Data Correlation: Looking at the correlation is an effective way to understand the relationship between different variables within a data set. For air quality data, it has been often observed that there is a correlation between air pollution concentration and meteorological factors. Air pollution is negatively correlated with humidity, wind speed, and precipitation, and positively correlated with atmospheric pressure [32]. Correlation allows the user to understand the strength of a relationship between two variables. Such information is useful when building models for calibration [33] or forecasting [34]. The data correlation function allows the user to perform data correlation. Vayu allows a user to calculate different correlation coefficients that are widely used in air quality research [35,36,37,38]: Pearson’s correlation, Kendall Tau’s Correlation, and Spearman correlation. Figure 4 shows the output of the data correlation function. The data from “Tutorial_PurpleAir.csv” is used to find the correlation coefficient. The output is a CSV file with correlation coefficients (Figure 4b) and a correlation heatmap (Figure 4c).

Figure 4. Data correlation example: (a) Snapshot of data correlation GUI, (b) output as a CSV file, and (c) correlation heatmap.

3.3. Data Prediction

Vayu promotes the visual interpretation of data, but it also offers several techniques to perform supervised learning. Supervised learning is a Machine Learning technique in which a model is trained on labeled data [39]. Such methods can be used for the prediction and classification problems.
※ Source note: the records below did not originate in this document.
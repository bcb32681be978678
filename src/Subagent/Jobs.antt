-- ===== src/Subagent/Jobs.antt =====
-- The store of sub-agent jobs (src/subagent_runtime.rs, `SubagentRuntime`). What runs under one lock
-- is one function. A handle is shared by `Arc` between the map of jobs and the tasks that run them:
-- `handles` has every handle ever made, and `jobs` the names that the map still has. A job has the
-- fresh name that its caller gives. Times are milliseconds since the epoch.
pub mod Steps
pub mod Expiry
mod Tests
use rust_claw_oc.Prelude.{
  ℕ, ◌+◌, ◌-◌, max, Bool, true, false, not, ◌&&◌, ◌||◌, String, Option, none, some, is_some,
  unwrap_or, List, [], ◌∷◌, push, keep, Result, ok, err, concat, if◌then◌else◌, ltb, leb, str_eq,
}
use rust_claw_oc.Prelude.Dict.{Dict, lookup, insert, remove}
use rust_claw_oc.Tools.Protocol.{ToolError, execution_failed}
use rust_claw_oc.Subagent.Debug.{
  SubagentDebugSnapshot, new_debug, set_debug_state_label, finalize_debug_state,
}
use rust_claw_oc.Subagent.State.{
  SubagentJobState, pending, running, completed, failed, cancelled, timed_out, SubagentResult,
  is_terminal, finish_reason, finished_at_unix_ms,
}

pub record SubagentJobMeta : Type 0 where
  pub job_id : String
  pub parent_session_id : String
  pub parent_reply_to : String
  pub sub_session_id : String
  pub goal : String
  pub context : String
  pub skill_name : Option String
  pub created_at_unix_ms : ℕ
  pub transcript_path : String
  pub event_log_path : String

pub record SubagentJobHandle : Type 0 where
  pub meta : SubagentJobMeta
  pub state : SubagentJobState
  pub debug : SubagentDebugSnapshot
  pub consumed_at_unix_ms : Option ℕ
  pub cancelled : Bool

unfoldable pub new_handle : ℕ → SubagentJobMeta → SubagentJobHandle
unfolding new_debug
new_handle now meta = record {
  meta = meta;
  state = pending;
  debug = new_debug now;
  consumed_at_unix_ms = none;
  cancelled = false;
}

pub record SubagentJobSnapshot : Type 0 where
  pub meta : SubagentJobMeta
  pub state : SubagentJobState
  pub consumed : Bool
  pub consumed_at_unix_ms : Option ℕ
  pub debug : SubagentDebugSnapshot

pub record SubagentNotification : Type 0 where
  pub job_id : String
  pub sub_session_id : String
  pub status : String
  pub summary : String

pub record SubagentRuntime : Type 0 where
  pub handles : Dict SubagentJobHandle
  pub jobs : List String
  pub notifications : Dict (List SubagentNotification)
  pub running_jobs : ℕ
  pub max_concurrent_jobs : ℕ

unfoldable pub new_runtime : ℕ → SubagentRuntime
new_runtime max_concurrent_jobs = record {
  handles = [];
  jobs = [];
  notifications = [];
  running_jobs = 0;
  max_concurrent_jobs = max max_concurrent_jobs 1;
}

abbrev pub unconsumed_terminal_job_ttl : ℕ
unconsumed_terminal_job_ttl = 1800000

abbrev pub consumed_terminal_job_ttl : ℕ
consumed_terminal_job_ttl = 300000

abbrev pub ttl : Option ℕ → ℕ
ttl none = unconsumed_terminal_job_ttl
ttl (some at) = consumed_terminal_job_ttl

abbrev pub handle_expired : ℕ → SubagentJobHandle → Bool
handle_expired now h = elim (finished_at_unix_ms h.state) [
  | none ↦ false
  | some finished ↦ leb (ttl h.consumed_at_unix_ms) (now - finished)
]

abbrev pub job_expired : ℕ → SubagentRuntime → String → Bool
job_expired now r job_id = elim (lookup job_id r.handles) [
  | none ↦ false
  | some h ↦ handle_expired now h
]

-- Where nobody holds the lock of a handle; a job whose lock is held is looked at the next time.
unfoldable pub cleanup_expired_jobs : ℕ → SubagentRuntime → SubagentRuntime
cleanup_expired_jobs now r = record r {
  jobs = keep (λ job_id. not (job_expired now r job_id)) r.jobs;
}

abbrev pub has_job : String → List String → Bool
has_job job_id [] = false
has_job job_id (j ∷ jobs) = str_eq j job_id || has_job job_id jobs

unfoldable pub get_job_handle : String → SubagentRuntime → Option SubagentJobHandle
get_job_handle job_id r = if has_job job_id r.jobs then lookup job_id r.handles else none

abbrev pub unknown_job : String → ToolError
unknown_job job_id = execution_failed (concat ("Unknown subagent job: " ∷ job_id ∷ []))

-- `spawn_job_with_limits` up to its first lock, and from there on.
unfoldable pub spawn_check : SubagentRuntime → Result ToolError (Unit {0})
spawn_check r =
    if leb r.max_concurrent_jobs r.running_jobs
    then err (
        execution_failed
          "Too many concurrent subagent jobs. Wait for existing jobs to finish before spawning more.")
    else ok tt

unfoldable pub spawn_insert : ℕ → SubagentJobMeta → SubagentRuntime → SubagentRuntime
unfolding new_handle
spawn_insert now meta r = record r {
  handles = insert meta.job_id (new_handle now meta) r.handles;
  jobs = push r.jobs meta.job_id;
  running_jobs = r.running_jobs + 1;
}

-- `RunningJobGuard::drop`
unfoldable pub drop_guard : SubagentRuntime → SubagentRuntime
drop_guard r = record r { running_jobs = r.running_jobs - 1 }

-- A task works on the handle that it holds, whether or not the map still has the job.
abbrev pub update_handle :
    String → (SubagentJobHandle → SubagentJobHandle) → SubagentRuntime → SubagentRuntime
update_handle job_id f r = elim (lookup job_id r.handles) [
  | none ↦ r
  | some h ↦ record r { handles = insert job_id (f h) r.handles }
]

-- The first lock of `run_job`.
unfoldable pub start_job : ℕ → String → SubagentRuntime → SubagentRuntime
start_job now job_id r = update_handle job_id (λ h. record h { state = running now }) r

-- The debug snapshot has a lock of its own: when a run starts, and when it ends.
abbrev pub with_label : String → ℕ → SubagentJobHandle → SubagentJobHandle
with_label label now h = record h { debug = set_debug_state_label label now h.debug }

unfoldable pub label_job : String → ℕ → String → SubagentRuntime → SubagentRuntime
label_job label now job_id r = update_handle job_id (with_label label now) r

abbrev pub finalized : ℕ → SubagentJobHandle → SubagentJobHandle
finalized now h = record h { debug = finalize_debug_state h.state now h.debug }

unfoldable pub finalize_job : ℕ → String → SubagentRuntime → SubagentRuntime
finalize_job now job_id r = update_handle job_id (finalized now) r

abbrev pub write_final : SubagentJobState → SubagentJobHandle → SubagentJobHandle
write_final final h = if is_terminal h.state then h else record h { state = final }

-- The write of `finish_job`.
unfoldable pub finish_write : SubagentJobState → String → SubagentRuntime → SubagentRuntime
finish_write final job_id r = update_handle job_id (write_final final) r

abbrev partial_summary : Option SubagentResult → String → String
partial_summary none default = default
partial_summary (some result) default = result.summary

unfoldable pub notification_summary : SubagentJobState → Option String
notification_summary (completed t result) = some result.summary
notification_summary (failed t error partial) = some (partial_summary partial error)
notification_summary (cancelled t partial) =
    some (partial_summary partial "Sub-agent execution was interrupted.")
notification_summary (timed_out t partial) = some (partial_summary partial "Sub-agent timed out.")
notification_summary _ = none

unfoldable pub notification_of : SubagentJobMeta → SubagentJobState → Option SubagentNotification
notification_of meta final = elim (notification_summary final) [
  | none ↦ none
  | some text ↦ some (record {
    job_id = meta.job_id;
    sub_session_id = meta.sub_session_id;
    status = finish_reason final;
    summary = text;
  })
]

abbrev pub queue_of : String → SubagentRuntime → List SubagentNotification
queue_of parent r = unwrap_or (lookup parent r.notifications) []

unfoldable pub enqueue_notification :
    SubagentJobMeta → SubagentJobState → SubagentRuntime → SubagentRuntime
unfolding notification_of
enqueue_notification meta final r = elim (notification_of meta final) [
  | none ↦ r
  | some n ↦ record r {
    notifications =
        insert meta.parent_session_id (push (queue_of meta.parent_session_id r) n) r.notifications;
  }
]

unfoldable pub take_notifications :
    String → SubagentRuntime → List SubagentNotification × SubagentRuntime
take_notifications parent r =
    (queue_of parent r, record r { notifications = remove parent r.notifications })

abbrev pub set_cancelled : ℕ → SubagentJobHandle → SubagentJobHandle
set_cancelled now h = write_final (cancelled now none) (record h { cancelled = true })

-- `cancel_job` after its cleanup, up to the notification: the flag and the state. What it then
-- announces is the second component.
unfoldable pub cancel_job :
    ℕ
    → String
    → SubagentRuntime
    → Result ToolError (Option (SubagentJobMeta × SubagentJobState)) × SubagentRuntime
unfolding get_job_handle
cancel_job now job_id r = elim (get_job_handle job_id r) [
  | none ↦ (err (unknown_job job_id), r)
  | some h ↦ (
    ok (if is_terminal h.state then none else some (h.meta, cancelled now none)),
    update_handle job_id (set_cancelled now) r,
  )
]

abbrev pub consume : ℕ → SubagentJobHandle → SubagentJobHandle
consume now h =
    if is_terminal h.state
    then record h { consumed_at_unix_ms = some (unwrap_or h.consumed_at_unix_ms now) }
    else h

abbrev snapshot_of : SubagentJobHandle → SubagentJobSnapshot
snapshot_of h = record {
  meta = h.meta;
  state = h.state;
  consumed = is_some h.consumed_at_unix_ms;
  consumed_at_unix_ms = h.consumed_at_unix_ms;
  debug = h.debug;
}

-- `get_job_snapshot` after its cleanup.
unfoldable pub get_job_snapshot :
    ℕ → String → Bool → SubagentRuntime → Result ToolError SubagentJobSnapshot × SubagentRuntime
unfolding get_job_handle
get_job_snapshot now job_id wants_consume r = elim (get_job_handle job_id r) [
  | none ↦ (err (unknown_job job_id), r)
  | some h ↦
      if wants_consume
      then (ok (snapshot_of (consume now h)), update_handle job_id (consume now) r)
      else (ok (snapshot_of h), r)
]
Linear Regression: The data prediction workflow allows the user to perform linear regression. A linear regression model finds the relationship between the independent and dependent variables. It is a relatively simple method but has been widely used for calibration studies [40] as well as for prediction tasks [41,42]. Vayu allows a user to use the linear regression function to build a model. It can be useful for citizen scientists as well as researchers who want to start with simple models to perform predictive analysis. Figure 5 shows an example of how the output of linear regression function looks. The data from “Tutorial_Custom1.csv” is used to build a regression model. This example data set contains two variables: data from a reference station, and data from a sensor. A linear regression model is developed to find the correction factor for the sensor. The GUI (as shown in Figure 5a) allows the user to upload the data, and select the dependent and independent variable. The output is a regression plot that shows the relationship between the independent and dependent variables. The plot is also saved as a .png file. A text file (as shown in Figure 5b) is also generated that shows the algorithm details and the model accuracy.
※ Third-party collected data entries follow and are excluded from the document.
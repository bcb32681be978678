-- ===== src/Subagent/Jobs/Expiry.antt =====
-- How long the store keeps a job (src/subagent_runtime.rs, `cleanup_expired_jobs`).
use rust_claw_oc.Prelude.{
  ◌≡◌, refl, ap, ℕ, ◌+◌, Bool, false, not, ◌&&◌, String, Option, none, some, List, [], ◌∷◌, keep,
  if◌then◌else◌, leb, arith, eq_iff, str_eq, Bool-cases, Option-cases, inl, inr,
}
use rust_claw_oc.Prelude.Dict.{lookup}
use rust_claw_oc.Subagent.State.{finished_at_unix_ms}
use rust_claw_oc.Subagent.Jobs.{
  SubagentJobHandle, SubagentRuntime, handle_expired, job_expired, cleanup_expired_jobs, has_job,
  get_job_handle,
}

-- When the job may go: never while it runs, 5 minutes after its end once its result was read, and 30
-- minutes after its end otherwise.
abbrev pub expires_at : SubagentJobHandle → Option ℕ
expires_at h = elim (finished_at_unix_ms h.state) [
  | none ↦ none
  | some finished ↦
      some (finished + (elim h.consumed_at_unix_ms [ none ↦ 1800000 | some at ↦ 300000 ]))
]

abbrev is_past : ℕ → Option ℕ → Bool
is_past now none = false
is_past now (some t) = leb t now

abbrev pub unexpired : ℕ → Option SubagentJobHandle → Option SubagentJobHandle
unexpired now none = none
unexpired now (some h) = if is_past now (expires_at h) then none else some h

handle_expired_lem :
    (now : ℕ) (h : SubagentJobHandle) → handle_expired now h ≡ is_past now (expires_at h)
handle_expired_lem now h = ground arith

has_job-keep :
    (p : String → Bool) (id : String) (jobs : List String)
    → has_job id (keep p jobs) ≡ has_job id jobs && p id
has_job-keep p id [] = refl
has_job-keep p id (j ∷ jobs) = elim (Bool-cases (str_eq j id)) [
  | inl same ↦
      let equal : p j ≡ p id = ap p ((eq_iff j id).0 same) in ground (arith, has_job-keep p id jobs)
  | inr apart ↦ ground (arith, has_job-keep p id jobs)
]

-- A cleanup takes from the store exactly the jobs whose time is over, whoever asks for them by name:
-- a running job never, a finished one 30 minutes after its end, or 5 if its result was read.
pub cleanup_expired_jobs-unexpired :
    (now : ℕ) (id : String) (r : SubagentRuntime)
    → get_job_handle id (cleanup_expired_jobs now r) ≡ unexpired now (get_job_handle id r)
unfolding cleanup_expired_jobs get_job_handle
cleanup_expired_jobs-unexpired now id r = elim (Option-cases (lookup id r.handles)) [
  | inl gone ↦ ground (arith, gone, has_job-keep (λ j. not (job_expired now r j)) id r.jobs)
  | inr (h, found) ↦ ground (
    arith,
    found,
    handle_expired_lem now h,
    has_job-keep (λ j. not (job_expired now r j)) id r.jobs,
  )
]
Figure 5. Linear regression example: (a) Snapshot of linear regression GUI with regression plot and (b) snapshot of the text file showing regression model details.
Naïve Bayes Classifier: Methods like linear regression are efficient and useful when we are dealing with numeric data. But in some cases, the problem can be categorized as a classification problem. For example, a user wants to predict whether the Air Quality Index (AQI) would be “High” or “Low” based on different features. In such a case, a classification algorithm would have to be applied. Vayu toolbox allows the users to implement the Naive Bayes (NB) Classification algorithm to perform the classification tasks. NB is one of the most straightforward and fast classification algorithms [43], and is often used for air quality prediction [44]. NB is a supervised learning algorithm based on Bayes Theorem [45]. In simple words, generating a model using NB classifier includes creating the NB classifier, fitting the data set on the classifier, and performing prediction. The data prediction function allows the users to perform NB classification with binary labels. NB classification has several types and in the case of Vayu, Gaussian NB [46] is used. “Tutorial_Custom2.csv” has been used to test the method, and the results are shown in Figure 6 and Figure 7. The user can use the GUI to select the target variable and the independent variables (as shown in Figure 6a). The data is split between train and test set. The default setting has to be kept to 75% of data for training and the remaining 25% data for testing. This is followed by generating a model. The model is then evaluated by checking the accuracy of the model. The results are in the form of model accuracy, confusion matrix (Figure 6), and a receiver operating characteristic (ROC) curve (Figure 7). The confusion matrix summarizes the performance of the classification model on the test data. The ROC curve is created by plotting the true positive rate against the false-positive rate. The ROC curve shows the area under the curve (AUC) that provides an aggregate measure of performance. The output also includes an ROC curve (Figure 7b) that compares the performance of Gaussian NB to Logistic Regression [47]. This provides a user with an additional way of understanding the performance of different models. The ROC curves and the confusion matrix are saved as .png files, and the algorithm details are saved as a text file.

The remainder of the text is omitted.